Données chiffrées sur le suicide chez les jeunes en Nouvelle Zélande 

Les classements et statistiques récents en matière de santé montrent la gravité de la crise du suicide chez les enfants en Nouvelle-Zélande. En mai 2025, le pays se classait 32e sur les 36 pays de l’Organisation de coopération et de développement économiques pour le bien être mental des enfants et dernier pour la santé mentale des enfants et des jeunes. Le taux de suicide alarmant chez les jeunes âgés de 15 à 19 ans, qui est près de trois fois supérieur à la moyenne des pays à revenu élevé, est particulièrement préoccupant (UNICEF Office of Research – Innocenti, 2025).  

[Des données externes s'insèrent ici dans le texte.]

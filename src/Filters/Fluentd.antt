-- ===== src/Filters/Fluentd.antt =====
-- kolla_ansible/fluentd_filters.py.
pub mod Named
pub mod Chosen
use Prim.Native.Char.{code}
use Prim.Native.String.{String, compare}
use Prim.Native.Nat.{Ordering}
use irnmn.Prelude.{
  Bool, true, false, not, ◌&&◌, ◌++◌, nat_eq, select, map, List, [], ◌∷◌, Option, none, some,
  if◌then◌else◌,
}
use irnmn.Text.Split.{split_last}
use irnmn.Container.Compare.{member}

abbrev pub after_slash : String → Option (String × String) → String
after_slash path none = path
after_slash path (some (before, after)) = after

-- `os.path.basename`
unfoldable pub basename : String → String
unfolding split_last
basename path = after_slash path (split_last 47 path)

abbrev pub all_dots : String → Bool
all_dots String.[] = true
all_dots (String.◌∷◌ c s) = nat_eq (code c) 46 && all_dots s

-- `os.path.splitext(name)[0]`; no extension starts at one of the first dots.
abbrev pub root_of : String → Option (String × String) → String
root_of name none = name
root_of name (some (before, after)) = if all_dots before then name else before

unfoldable pub basename_no_ext : String → String
unfolding basename split_last
basename_no_ext path = root_of (basename path) (split_last 46 (basename path))

abbrev pub is_gt : Ordering → Bool
is_gt Ordering.gt = true
is_gt _ = false

-- The insertion of `sorted` by the basenames.
unfoldable pub insert_path : String → List String → List String
unfolding basename
insert_path path [] = path ∷ []
insert_path path (other ∷ rest) =
    if is_gt (compare (basename path) (basename other))
    then other ∷ insert_path path rest
    else path ∷ other ∷ rest

unfoldable pub sorted_paths : List String → List String
unfolding insert_path
sorted_paths [] = []
sorted_paths (path ∷ rest) = insert_path path (sorted_paths rest)

abbrev pub is_kept : List String → String → Bool
is_kept customised_paths path = not (member (basename_no_ext path) (map basename customised_paths))

-- `order` is the order in which the set of the paths is iterated.
unfoldable pub customise_fluentd :
    (List String → List String) → List String → List String → List String
unfolding basename basename_no_ext sorted_paths
customise_fluentd order default_paths customised_paths =
    sorted_paths (order (select (is_kept customised_paths) default_paths ++ customised_paths))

Entre le 1er juillet 2023 et le 30 juin 2024, 617 décès présumés par suicide ont été signalés en Nouvelle-Zélande, ce qui équivaut à un taux de suicide normalisé selon l’âge de 11,2 pour 100 000 habitants. Au cours de l’exercice financier de l’année 2023-2024, 445 suicides présumés ont été observés chez des hommes et 172 chez des femmes, le taux chez les hommes ne présentant aucun changement significatif par rapport à la moyenne sur 15 ans (Te Whatu Ora, 2024).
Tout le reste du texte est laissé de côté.